TASK MATERIAL START
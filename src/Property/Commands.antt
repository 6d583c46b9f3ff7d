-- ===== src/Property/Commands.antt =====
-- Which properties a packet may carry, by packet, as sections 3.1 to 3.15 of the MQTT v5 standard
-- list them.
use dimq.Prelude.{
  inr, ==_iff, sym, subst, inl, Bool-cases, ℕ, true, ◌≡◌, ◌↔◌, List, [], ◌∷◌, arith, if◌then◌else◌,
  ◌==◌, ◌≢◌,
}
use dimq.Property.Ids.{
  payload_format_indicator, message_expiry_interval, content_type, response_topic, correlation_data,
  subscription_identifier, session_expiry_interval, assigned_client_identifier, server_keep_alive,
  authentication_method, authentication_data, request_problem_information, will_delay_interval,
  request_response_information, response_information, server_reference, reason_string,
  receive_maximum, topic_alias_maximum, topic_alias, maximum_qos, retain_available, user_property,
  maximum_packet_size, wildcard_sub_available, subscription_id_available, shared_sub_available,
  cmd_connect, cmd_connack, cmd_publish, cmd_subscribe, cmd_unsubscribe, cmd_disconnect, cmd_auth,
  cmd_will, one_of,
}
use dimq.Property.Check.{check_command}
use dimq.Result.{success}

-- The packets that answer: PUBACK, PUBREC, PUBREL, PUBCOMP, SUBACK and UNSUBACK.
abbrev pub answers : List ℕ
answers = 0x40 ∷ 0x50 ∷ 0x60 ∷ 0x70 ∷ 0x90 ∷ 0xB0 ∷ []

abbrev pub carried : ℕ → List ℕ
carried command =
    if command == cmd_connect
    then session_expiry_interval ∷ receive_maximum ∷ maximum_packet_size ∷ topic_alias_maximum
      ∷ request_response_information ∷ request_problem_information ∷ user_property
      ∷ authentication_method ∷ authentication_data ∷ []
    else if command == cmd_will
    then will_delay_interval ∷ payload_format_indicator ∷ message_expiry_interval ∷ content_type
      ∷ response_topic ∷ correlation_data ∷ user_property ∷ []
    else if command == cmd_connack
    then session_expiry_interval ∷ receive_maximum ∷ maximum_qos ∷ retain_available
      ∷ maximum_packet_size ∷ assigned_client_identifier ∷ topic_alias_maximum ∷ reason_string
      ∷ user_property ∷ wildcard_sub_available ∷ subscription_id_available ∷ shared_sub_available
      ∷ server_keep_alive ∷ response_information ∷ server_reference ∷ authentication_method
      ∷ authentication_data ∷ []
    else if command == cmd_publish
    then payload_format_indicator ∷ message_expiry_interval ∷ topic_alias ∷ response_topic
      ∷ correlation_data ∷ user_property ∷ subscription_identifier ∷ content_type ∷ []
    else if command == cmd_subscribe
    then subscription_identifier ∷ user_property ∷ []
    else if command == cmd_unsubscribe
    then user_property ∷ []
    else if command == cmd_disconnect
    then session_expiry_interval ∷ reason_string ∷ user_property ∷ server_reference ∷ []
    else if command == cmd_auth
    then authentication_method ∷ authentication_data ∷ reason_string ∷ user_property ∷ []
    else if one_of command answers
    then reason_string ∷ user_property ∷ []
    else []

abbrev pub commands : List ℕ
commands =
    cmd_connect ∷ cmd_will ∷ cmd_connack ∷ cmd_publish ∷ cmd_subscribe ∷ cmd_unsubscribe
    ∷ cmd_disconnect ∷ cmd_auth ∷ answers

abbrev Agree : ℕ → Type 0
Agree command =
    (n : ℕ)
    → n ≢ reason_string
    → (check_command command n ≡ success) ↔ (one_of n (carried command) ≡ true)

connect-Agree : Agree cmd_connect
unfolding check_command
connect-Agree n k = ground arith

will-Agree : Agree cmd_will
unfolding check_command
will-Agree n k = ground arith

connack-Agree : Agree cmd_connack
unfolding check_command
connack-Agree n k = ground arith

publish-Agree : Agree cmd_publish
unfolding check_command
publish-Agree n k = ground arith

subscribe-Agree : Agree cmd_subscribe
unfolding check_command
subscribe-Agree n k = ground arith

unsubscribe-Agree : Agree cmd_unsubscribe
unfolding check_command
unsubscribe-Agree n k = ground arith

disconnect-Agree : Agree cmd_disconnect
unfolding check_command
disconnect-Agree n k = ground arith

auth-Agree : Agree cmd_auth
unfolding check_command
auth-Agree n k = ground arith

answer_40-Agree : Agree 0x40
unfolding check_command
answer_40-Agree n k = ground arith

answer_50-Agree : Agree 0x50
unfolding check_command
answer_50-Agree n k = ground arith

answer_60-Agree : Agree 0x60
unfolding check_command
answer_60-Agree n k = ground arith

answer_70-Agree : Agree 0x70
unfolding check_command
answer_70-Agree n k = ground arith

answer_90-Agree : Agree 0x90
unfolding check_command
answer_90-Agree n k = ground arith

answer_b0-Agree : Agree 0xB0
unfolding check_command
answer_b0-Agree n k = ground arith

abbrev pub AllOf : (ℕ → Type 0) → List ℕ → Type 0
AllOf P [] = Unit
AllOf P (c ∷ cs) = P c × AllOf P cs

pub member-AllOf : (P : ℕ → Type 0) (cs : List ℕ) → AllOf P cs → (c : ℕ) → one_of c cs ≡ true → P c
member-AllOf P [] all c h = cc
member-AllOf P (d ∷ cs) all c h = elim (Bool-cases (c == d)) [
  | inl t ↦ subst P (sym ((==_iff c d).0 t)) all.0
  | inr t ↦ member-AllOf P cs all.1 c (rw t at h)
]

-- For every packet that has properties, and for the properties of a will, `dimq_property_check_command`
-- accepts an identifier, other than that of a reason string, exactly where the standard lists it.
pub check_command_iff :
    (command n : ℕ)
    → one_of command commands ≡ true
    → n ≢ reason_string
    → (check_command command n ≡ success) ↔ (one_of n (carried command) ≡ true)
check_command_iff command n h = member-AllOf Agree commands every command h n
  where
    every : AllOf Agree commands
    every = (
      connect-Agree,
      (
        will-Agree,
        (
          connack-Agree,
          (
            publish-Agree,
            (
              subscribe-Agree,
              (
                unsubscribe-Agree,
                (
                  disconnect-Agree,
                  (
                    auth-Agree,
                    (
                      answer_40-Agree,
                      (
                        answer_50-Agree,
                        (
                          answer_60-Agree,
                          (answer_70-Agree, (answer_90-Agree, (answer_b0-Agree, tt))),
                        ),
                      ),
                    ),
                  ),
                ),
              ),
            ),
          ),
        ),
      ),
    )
TASK MATERIAL END
◆ ACTIVITY: Repeat every entry word for word.

◆ SOLUTION TO THIS PROBLEM:
filename src/Property/Commands.antt
repository 6d583c46b9f3ff7d
-- ===== src/Property/Commands.antt =====
-- Which properties a packet may carry, by packet, as sections 3.1 to 3.15 of the MQTT v5 standard
-- list them.
use dimq.Prelude.{
  inr, ==_iff, sym, subst, inl, Bool-cases, ℕ, true, ◌≡◌, ◌↔◌, List, [], ◌∷◌, arith, if◌then◌else◌,
  ◌==◌, ◌≢◌,
}
use dimq.Property.Ids.{
  payload_format_indicator, message_expiry_interval, content_type, response_topic, correlation_data,
  subscription_identifier, session_expiry_interval, assigned_client_identifier, server_keep_alive,
  authentication_method, authentication_data, request_problem_information, will_delay_interval,
  request_response_information, response_information, server_reference, reason_string,
  receive_maximum, topic_alias_maximum, topic_alias, maximum_qos, retain_available, user_property,
  maximum_packet_size, wildcard_sub_available, subscription_id_available, shared_sub_available,
  cmd_connect, cmd_connack, cmd_publish, cmd_subscribe, cmd_unsubscribe, cmd_disconnect, cmd_auth,
  cmd_will, one_of,
}
use dimq.Property.Check.{check_command}
use dimq.Result.{success}

-- The packets that answer: PUBACK, PUBREC, PUBREL, PUBCOMP, SUBACK and UNSUBACK.
abbrev pub answers : List ℕ
answers = 0x40 ∷ 0x50 ∷ 0x60 ∷ 0x70 ∷ 0x90 ∷ 0xB0 ∷ []

abbrev pub carried : ℕ → List ℕ
carried command =
    if command == cmd_connect
    then session_expiry_interval ∷ receive_maximum ∷ maximum_packet_size ∷ topic_alias_maximum
      ∷ request_response_information ∷ request_problem_information ∷ user_property
      ∷ authentication_method ∷ authentication_data ∷ []
    else if command == cmd_will
    then will_delay_interval ∷ payload_format_indicator ∷ message_expiry_interval ∷ content_type
      ∷ response_topic ∷ correlation_data ∷ user_property ∷ []
    else if command == cmd_connack
    then session_expiry_interval ∷ receive_maximum ∷ maximum_qos ∷ retain_available
      ∷ maximum_packet_size ∷ assigned_client_identifier ∷ topic_alias_maximum ∷ reason_string
      ∷ user_property ∷ wildcard_sub_available ∷ subscription_id_available ∷ shared_sub_available
      ∷ server_keep_alive ∷ response_information ∷ server_reference ∷ authentication_method
      ∷ authentication_data ∷ []
    else if command == cmd_publish
    then payload_format_indicator ∷ message_expiry_interval ∷ topic_alias ∷ response_topic
      ∷ correlation_data ∷ user_property ∷ subscription_identifier ∷ content_type ∷ []
    else if command == cmd_subscribe
    then subscription_identifier ∷ user_property ∷ []
    else if command == cmd_unsubscribe
    then user_property ∷ []
    else if command == cmd_disconnect
    then session_expiry_interval ∷ reason_string ∷ user_property ∷ server_reference ∷ []
    else if command == cmd_auth
    then authentication_method ∷ authentication_data ∷ reason_string ∷ user_property ∷ []
    else if one_of command answers
    then reason_string ∷ user_property ∷ []
    else []

abbrev pub commands : List ℕ
commands =
    cmd_connect ∷ cmd_will ∷ cmd_connack ∷ cmd_publish ∷ cmd_subscribe ∷ cmd_unsubscribe
    ∷ cmd_disconnect ∷ cmd_auth ∷ answers

abbrev Agree : ℕ → Type 0
Agree command =
    (n : ℕ)
    → n ≢ reason_string
    → (check_command command n ≡ success) ↔ (one_of n (carried command) ≡ true)

connect-Agree : Agree cmd_connect
unfolding check_command
connect-Agree n k = ground arith

will-Agree : Agree cmd_will
unfolding check_command
will-Agree n k = ground arith

connack-Agree : Agree cmd_connack
unfolding check_command
connack-Agree n k = ground arith

publish-Agree : Agree cmd_publish
unfolding check_command
publish-Agree n k = ground arith

subscribe-Agree : Agree cmd_subscribe
unfolding check_command
subscribe-Agree n k = ground arith

unsubscribe-Agree : Agree cmd_unsubscribe
unfolding check_command
unsubscribe-Agree n k = ground arith

disconnect-Agree : Agree cmd_disconnect
unfolding check_command
disconnect-Agree n k = ground arith

auth-Agree : Agree cmd_auth
unfolding check_command
auth-Agree n k = ground arith

answer_40-Agree : Agree 0x40
unfolding check_command
answer_40-Agree n k = ground arith

answer_50-Agree : Agree 0x50
unfolding check_command
answer_50-Agree n k = ground arith

answer_60-Agree : Agree 0x60
unfolding check_command
answer_60-Agree n k = ground arith

answer_70-Agree : Agree 0x70
unfolding check_command
answer_70-Agree n k = ground arith

answer_90-Agree : Agree 0x90
unfolding check_command
answer_90-Agree n k = ground arith

answer_b0-Agree : Agree 0xB0
unfolding check_command
answer_b0-Agree n k = ground arith

abbrev pub AllOf : (ℕ → Type 0) → List ℕ → Type 0
AllOf P [] = Unit
AllOf P (c ∷ cs) = P c × AllOf P cs

pub member-AllOf : (P : ℕ → Type 0) (cs : List ℕ) → AllOf P cs → (c : ℕ) → one_of c cs ≡ true → P c
member-AllOf P [] all c h = cc
member-AllOf P (d ∷ cs) all c h = elim (Bool-cases (c == d)) [
  | inl t ↦ subst P (sym ((==_iff c d).0 t)) all.0
  | inr t ↦ member-AllOf P cs all.1 c (rw t at h)
]

-- For every packet that has properties, and for the properties of a will, `dimq_property_check_command`
-- accepts an identifier, other than that of a reason string, exactly where the standard lists it.
pub check_command_iff :
    (command n : ℕ)
    → one_of command commands ≡ true
    → n ≢ reason_string
    → (check_command command n ≡ success) ↔ (one_of n (carried command) ≡ true)
check_command_iff command n h = member-AllOf Agree commands every command h n
  where
    every : AllOf Agree commands
    every = (
      connect-Agree,
      (
        will-Agree,
        (
          connack-Agree,
          (
            publish-Agree,
            (
              subscribe-Agree,
              (
                unsubscribe-Agree,
                (
                  disconnect-Agree,
                  (
                    auth-Agree,
                    (
                      answer_40-Agree,
                      (
                        answer_50-Agree,
                        (
                          answer_60-Agree,
                          (answer_70-Agree, (answer_90-Agree, (answer_b0-Agree, tt))),
                        ),
                      ),
                    ),
                  ),
                ),
              ),
            ),
          ),
        ),
      ),
    )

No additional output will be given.